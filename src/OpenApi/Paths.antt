-- ===== src/OpenApi/Paths.antt =====
-- What `normalizePath` keeps of a pattern.
use grpc_composition.Common.{
  ℕ, ◌≡◌, refl, sym, ap, ◌∙◌, inl, inr, true, false, List, [], ◌∷◌, ◌++◌, append-nil, append_assoc,
  Option, none, some, arith, Text, codes, ◌==◌, text_eq, Option-cases, Bool-cases, gather,
  cons_some,
}
use grpc_composition.Common.{All}
use grpc_composition.Std.Strings.{split, join, cons_head}
use grpc_composition.OpenApi.{normalize_segment, normalize_from, normalize_path}

pub normalize_from_lem :
    (out segs : List Text) → normalize_from out segs ≡ out ++ gather normalize_segment segs
unfolding normalize_from
normalize_from_lem out [] = sym (append-nil out)
normalize_from_lem out (seg ∷ segs) =
    normalize_from_lem (out ++ cons_some (normalize_segment seg) []) segs
    ∙ append_some out (normalize_segment seg) (gather normalize_segment segs)
  where
    append_some :
        (xs : List Text) (o : Option Text) (ys : List Text)
        → (xs ++ cons_some o []) ++ ys ≡ xs ++ cons_some o ys
    append_some xs none ys = rw append-nil
    append_some xs (some x) ys = append_assoc xs (x ∷ []) ys

-- A text without the byte `sep`.
abbrev pub Lacks : ℕ → Text → Type 0
Lacks sep s = All (λ c. (c == sep) ≡ false) s

pub All-append :
    {A : Type 0} (P : A → Type 0) (xs ys : List A) → All P xs → All P ys → All P (xs ++ ys)
All-append P [] ys h k = k
All-append P (x ∷ xs) ys h k = (h.0, All-append P xs ys h.1 k)

pub All-append_left : {A : Type 0} (P : A → Type 0) (xs ys : List A) → All P (xs ++ ys) → All P xs
All-append_left P [] ys h = tt
All-append_left P (x ∷ xs) ys h = (h.0, All-append_left P xs ys h.1)

pub split-Lacks : (s : Text) (sep : ℕ) → All (Lacks sep) (split s sep)
unfolding split
split-Lacks [] sep = (tt, tt)
split-Lacks (c ∷ s) sep = elim (Bool-cases (c == sep)) [
  | inl e ↦ rw e (tt, split-Lacks s sep)
  | inr e ↦ rw e (grow c (split s sep) (split-Lacks s sep) e)
]
  where
    grow :
        (d : ℕ) (ps : List Text)
        → All (Lacks sep) ps
        → (d == sep) ≡ false
        → All (Lacks sep) (cons_head d ps)
    grow d [] h k = ((k, tt), tt)
    grow d (p ∷ ps) h k = ((k, h.0), h.1)

split_of_Lacks : (s : Text) (sep : ℕ) → Lacks sep s → split s sep ≡ s ∷ []
unfolding split
split_of_Lacks [] sep h = refl
split_of_Lacks (c ∷ s) sep h = rw (h.0, split_of_Lacks s sep h.1)

split-cons : (s : Text) (sep : ℕ) → (p : Text) × (ps : List Text) × (split s sep ≡ p ∷ ps)
unfolding split
split-cons [] sep = ([], [], refl)
split-cons (c ∷ s) sep = elim (Bool-cases (c == sep)) [
  | inl e ↦ ([], split s sep, rw e)
  | inr e ↦ let (p, ps, h) = split-cons s sep in (c ∷ p, ps, rw (e, h))
]

split-append :
    (s : Text) (sep : ℕ) (t : Text) → split (s ++ (sep ∷ t)) sep ≡ split s sep ++ split t sep
unfolding split
split-append [] sep t = rw same
  where
    same : (sep == sep) ≡ true
    same = ground arith
split-append (c ∷ s) sep t = elim (Bool-cases (c == sep)) [
  | inl e ↦ rw (e, split-append s sep t)
  | inr e ↦ let (p, ps, h) = split-cons s sep in rw (e, split-append s sep t, h)
]

pub split-join :
    (p : Text) (ps : List Text) (sep : ℕ)
    → All (Lacks sep) (p ∷ ps)
    → split (join (p ∷ ps) sep) sep ≡ p ∷ ps
unfolding join
split-join p [] sep h = split_of_Lacks p sep h.0
split-join p (q ∷ ps) sep h =
    split-append p sep (join (q ∷ ps) sep)
    ∙ (rw (split_of_Lacks p sep h.0, split-join q ps sep h.1))

gather-append :
    {A B : Type 0} (f : A → Option B) (xs ys : List A)
    → gather f (xs ++ ys) ≡ gather f xs ++ gather f ys
gather-append f [] ys = refl
gather-append f (x ∷ xs) ys = elim (Option-cases (f x)) [
  | inl e ↦ rw (e, gather-append f xs ys)
  | inr (b, e) ↦ rw (e, gather-append f xs ys)
]

segments-exact :
    (p : Text)
    → normalize_from [] (split (p ++ codes "/{$}") b'/') ≡ normalize_from [] (split p b'/')
unfolding normalize_segment split text_eq
segments-exact p =
    normalize_from_lem [] (split (p ++ codes "/{$}") b'/')
    ∙ (rw (split-append p b'/' (codes "{$}"), gather-append normalize_segment, append-nil)
        (sym (normalize_from_lem [] (split p b'/'))))

-- The exact-match marker at the end of a pattern leaves no trace: `p/{$}` is normalised as `p` is,
-- for every pattern `p`.
normalize_path-exact : (p : Text) → normalize_path (p ++ codes "/{$}") ≡ normalize_path p
unfolding normalize_path
normalize_path-exact p = ap (λ segs. join segs b'/') (segments-exact p)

**EXERCISE INSTRUCTIONS**
What are the lines above, starting at the one with "sep) (p ∷ ps)" and ending at the one with "unfolding normalize_path"? Give them again exactly, and only them.

**WORKED SOLUTION**
    → All (Lacks sep) (p ∷ ps)
    → split (join (p ∷ ps) sep) sep ≡ p ∷ ps
unfolding join
split-join p [] sep h = split_of_Lacks p sep h.0
split-join p (q ∷ ps) sep h =
    split-append p sep (join (q ∷ ps) sep)
    ∙ (rw (split_of_Lacks p sep h.0, split-join q ps sep h.1))

gather-append :
    {A B : Type 0} (f : A → Option B) (xs ys : List A)
    → gather f (xs ++ ys) ≡ gather f xs ++ gather f ys
gather-append f [] ys = refl
gather-append f (x ∷ xs) ys = elim (Option-cases (f x)) [
  | inl e ↦ rw (e, gather-append f xs ys)
  | inr (b, e) ↦ rw (e, gather-append f xs ys)
]

segments-exact :
    (p : Text)
    → normalize_from [] (split (p ++ codes "/{$}") b'/') ≡ normalize_from [] (split p b'/')
unfolding normalize_segment split text_eq
segments-exact p =
    normalize_from_lem [] (split (p ++ codes "/{$}") b'/')
    ∙ (rw (split-append p b'/' (codes "{$}"), gather-append normalize_segment, append-nil)
        (sym (normalize_from_lem [] (split p b'/'))))

-- The exact-match marker at the end of a pattern leaves no trace: `p/{$}` is normalised as `p` is,
-- for every pattern `p`.
normalize_path-exact : (p : Text) → normalize_path (p ++ codes "/{$}") ≡ normalize_path p
unfolding normalize_path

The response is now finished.